Succeeding with ADHD: The Michael Phelps Story

Succeeding with ADHD is no easy feat. Michael Phelps’ success story is part of our efforts to raise awareness about ADHD.


succeeding with adhd


Swimmer Michael Phelps is the most decorated Olympic athlete of all time. Some would call him the greatest athlete in history. He has appeared in four Olympic events (2004, 2008, 2012 and 2016) in which he won a total of 28 Medals – 23 gold, 3 silver and 2 bronze. The second-ranking athlete has 18 medals. And this is just the Phelps’ Olympic record.


Michael began swimming at age 7, along with his two older sisters. One would imagine he just dived into the water and the rest was history – but, no that is not how it went down. Michael recalls throwing a tantrum.

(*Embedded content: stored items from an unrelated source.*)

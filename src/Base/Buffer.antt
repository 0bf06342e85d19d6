-- ===== src/Base/Buffer.antt =====
-- boost::circular_buffer, a library the program calls: a sequence with a capacity. What the
-- program relies on is that push_back appends while there is room; what it does at capacity is
-- left open.
use Prim.Native.Nat.{ℕ, ◌<◌}
use mathlib.Core.Path.{◌≡◌}
use mathlib.Core.List.{List, [], ◌∷◌, ◌++◌}
use flp_prototype.Base.Lists.{length}

pub record CircularBuffer (A : Type 0) : Type 0 where
  pub push_back : ℕ → List A → A → List A
  pub push_back_room :
      (cap : ℕ) (xs : List A) (x : A) → length xs < cap → push_back cap xs x ≡ xs ++ x ∷ []
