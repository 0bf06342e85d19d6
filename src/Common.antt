-- ===== src/Common.antt =====
-- The common library: Common/include/Common and Common/src.
pub mod Fifo
pub mod LineBuffer
pub mod SuffixNumber
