-- ===== src/Common/Fifo.antt =====
-- Common/include/Common/Fifo.h: a circular buffer for one writer and one reader. `nothing` is the
-- value that a slot is reset to (0 as a T); an index out of the vector is undefined. Indices are
-- int, and stay below size + 1.
pub mod Places
pub mod Contents
pub mod Methods
pub mod Turns
pub mod Order
mod Tests
use flp_prototype.Base.{
  ℕ, zero, suc, ◌+◌, ◌-◌, ◌*◌, ◌%◌, ◌^◌, Bool, true, false, ◌&&◌, ◌||◌, List, [], ◌∷◌, Option, none,
  some, Outcome, done, throws, undefined, ◌>>=◌, ◌>>◌, pure, gets, modify, defined, if◌then◌else◌,
  length, get_elem?, set, replicate, ltb, leb, ◌==◌,
}
use flp_prototype.Base.Int.{ℤ, pos, negsuc, ◌-ℤ◌, ◌+ℤ◌}

pub record Fifo (A : Type 0) : Type 0 where
  pub size : ℕ
  pub index_start : ℕ
  pub index_end : ℕ
  pub slots : List A
  pub n_in : ℕ
  pub n_out : ℕ

-- No method throws.
abbrev pub M : Type 0 → Type 0 → Type 0
M A B = Fifo A → Outcome (Fifo A) ⊥ B

abbrev pub construct : {A : Type 0} → A → ℕ → Fifo A
construct nothing s = record {
  size = s;
  index_start = 0;
  index_end = 0;
  slots = replicate (s + 1) nothing;
  n_in = 0;
  n_out = 0;
}

-- The index behind `i`: push() and pop() compute it alike.
unfoldable pub next_index : ℕ → ℕ → ℕ
next_index size i = if ltb size (i + 1) then 0 else i + 1

module _ {A : Type 0} where
  -- data[i] = a
  store : ℕ → A → M A (Unit {0})
  store i a f = elim (ltb i (length f.slots)) [
    | true ↦ done tt (record f { slots = set f.slots i a })
    | false ↦ undefined
  ]

  unfoldable pub is_empty : Fifo A → Bool
  is_empty f = f.index_end == f.index_start

  unfoldable pub is_full : Fifo A → Bool
  is_full f =
      f.index_end + 1 == f.index_start || (ltb f.size (f.index_end + 1) && f.index_start == 0)

  unfoldable pub push : A → M A ℤ
  unfolding next_index store
  push item f =
      let new = next_index f.size f.index_end in
      elim (new == f.index_start) [
        | true ↦ done (negsuc 0) f
        | false ↦
            (store new item
                >> modify
                    (λ (f : Fifo A). record f { index_end = new; n_in = (f.n_in + 1) % 2 ^ 64 })
                >> pure (pos 0))
              f
      ]

  -- pop() gives its result and what is in its argument.
  unfoldable pub pop : A → A → M A (ℤ × A)
  unfolding is_empty next_index store
  pop nothing item f =
      let new = next_index f.size f.index_start in
      elim (is_empty f) [
        | true ↦ done (negsuc 0, item) f
        | false ↦
            (modify (λ (f : Fifo A). record f { index_start = new })
                >> (λ (f : Fifo A). defined (get_elem? f.slots f.index_start) f)
                >>= λ a.
                    store new nothing
                    >> modify (λ (f : Fifo A). record f { n_out = (f.n_out + 1) % 2 ^ 64 })
                    >> pure (pos 0, a))
              f
      ]

  unfoldable pub front : A → M A (ℤ × A)
  unfolding is_empty
  front item f = elim (is_empty f) [
    | true ↦ done (negsuc 0, item) f
    | false ↦ elim (get_elem? f.slots ((f.index_start + 1) % (f.size + 1))) [
      | none ↦ undefined
      | some a ↦ done (pos 0, a) f
    ]
  ]

  unfoldable pub get_number_of_free_slots : Fifo A → ℤ
  get_number_of_free_slots f =
      if leb f.index_start f.index_end
      then pos f.size -ℤ pos f.index_end +ℤ pos f.index_start
      else pos f.index_start -ℤ pos f.index_end -ℤ pos 1

  unfoldable pub get_number_of_used_slots : Fifo A → ℤ
  unfolding get_number_of_free_slots
  get_number_of_used_slots f = pos f.size -ℤ get_number_of_free_slots f

  unfoldable pub clear : Fifo A → Fifo A
  clear f = record f { slots = []; index_start = 0; index_end = 0 }

  unfoldable pub reset_stats : Fifo A → Fifo A
  reset_stats f = record f { n_in = 0; n_out = 0 }
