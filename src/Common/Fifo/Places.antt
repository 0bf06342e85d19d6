-- ===== src/Common/Fifo/Places.antt =====
-- The slots of the circular buffer, counted from the last one taken.
use native.Mathlib.Decide.{dec_lt}
use native.Mathlib.Nat.{mod-eq_of_lt, mod_self}
use flp_prototype.Base.{ℕ, ◌+◌, ◌-◌, ◌%◌, ◌<◌, ◌≤◌, ◌≡◌, ◌≢◌, ap, arith, if◌then◌else◌, leb}
use flp_prototype.Common.Fifo.{next_index}

-- the slot `n` behind slot `start`, in a buffer of `size + 1` slots
abbrev pub place : ℕ → ℕ → ℕ → ℕ
place size start n = if leb (start + n) size then start + n else start + n - (size + 1)

pub place-le : (size start n : ℕ) → start ≤ size → n ≤ size + 1 → place size start n ≤ size
place-le size start n h k = ground arith

pub next_index-place :
    (size start n : ℕ)
    → start ≤ size
    → n ≤ size
    → next_index size (place size start n) ≡ place size start (n + 1)
unfolding next_index
next_index-place size start n h k = ground arith

pub next_index-le : (size i : ℕ) → next_index size i ≤ size
unfolding next_index
next_index-le size i = ground arith

-- Counting from the next slot.
pub place-next_index :
    (size start n : ℕ)
    → start ≤ size
    → n ≤ size
    → place size (next_index size start) n ≡ place size start (n + 1)
unfolding next_index
place-next_index size start n h k = ground arith

pub place-zero : (size start : ℕ) → start ≤ size → place size start 0 ≡ start
place-zero size start h = ground arith

pub place-one : (size start : ℕ) → start ≤ size → place size start 1 ≡ next_index size start
unfolding next_index
place-one size start h = ground arith

-- All the way round.
pub place-round : (size start : ℕ) → start ≤ size → place size start (size + 1) ≡ start
place-round size start h = ground arith

-- The slots are different.
pub place-ne :
    (size start m n : ℕ) → start ≤ size → m < n → n ≤ size → place size start m ≢ place size start n
place-ne size start m n h k l = λ e. ground arith

pub place-mod : (size start : ℕ) → start ≤ size → (start + 1) % (size + 1) ≡ place size start 1
place-mod size start h = elim (dec_lt start size) [
  | yes lt ↦ ground (arith, mod-eq_of_lt {n = start + 1} {m = size + 1} (omega arith))
  | no ge ↦ ground (
    arith,
    mod_self (size + 1),
    ap (λ n. (n + 1) % (size + 1)) (let e : start ≡ size = omega arith in e),
  )
]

His mother commented on how he hated getting his face wet. But once he understood swimming, there was no looking back.


It is common knowledge that Michael Phelps has ADHD. He was diagnosed with the neurodevelopmental disorder at age 9. The signs had always been there. His preschool teachers always complained about Michael – he wouldn’t sit during circle time, didn’t keep his hands to himself, often giggled, laughed and poked other children. He was a handful. Michael was also bullied at school. As Michael grew older, the problems didn’t vanish. He achieved mostly Bs, Cs and some Ds. He didn’t enjoy reading, so his mother gave him sports news to read as that was his interest. Michael’s mother, Debbie recalls that one teacher told her: ‘Your son will never be able to focus on anything’. The words broke Debie’s heart, but she didn’t quit. Swimming became Michael’s refuge. He played different sports to burn off his excessive energy, but the pool spoke to him.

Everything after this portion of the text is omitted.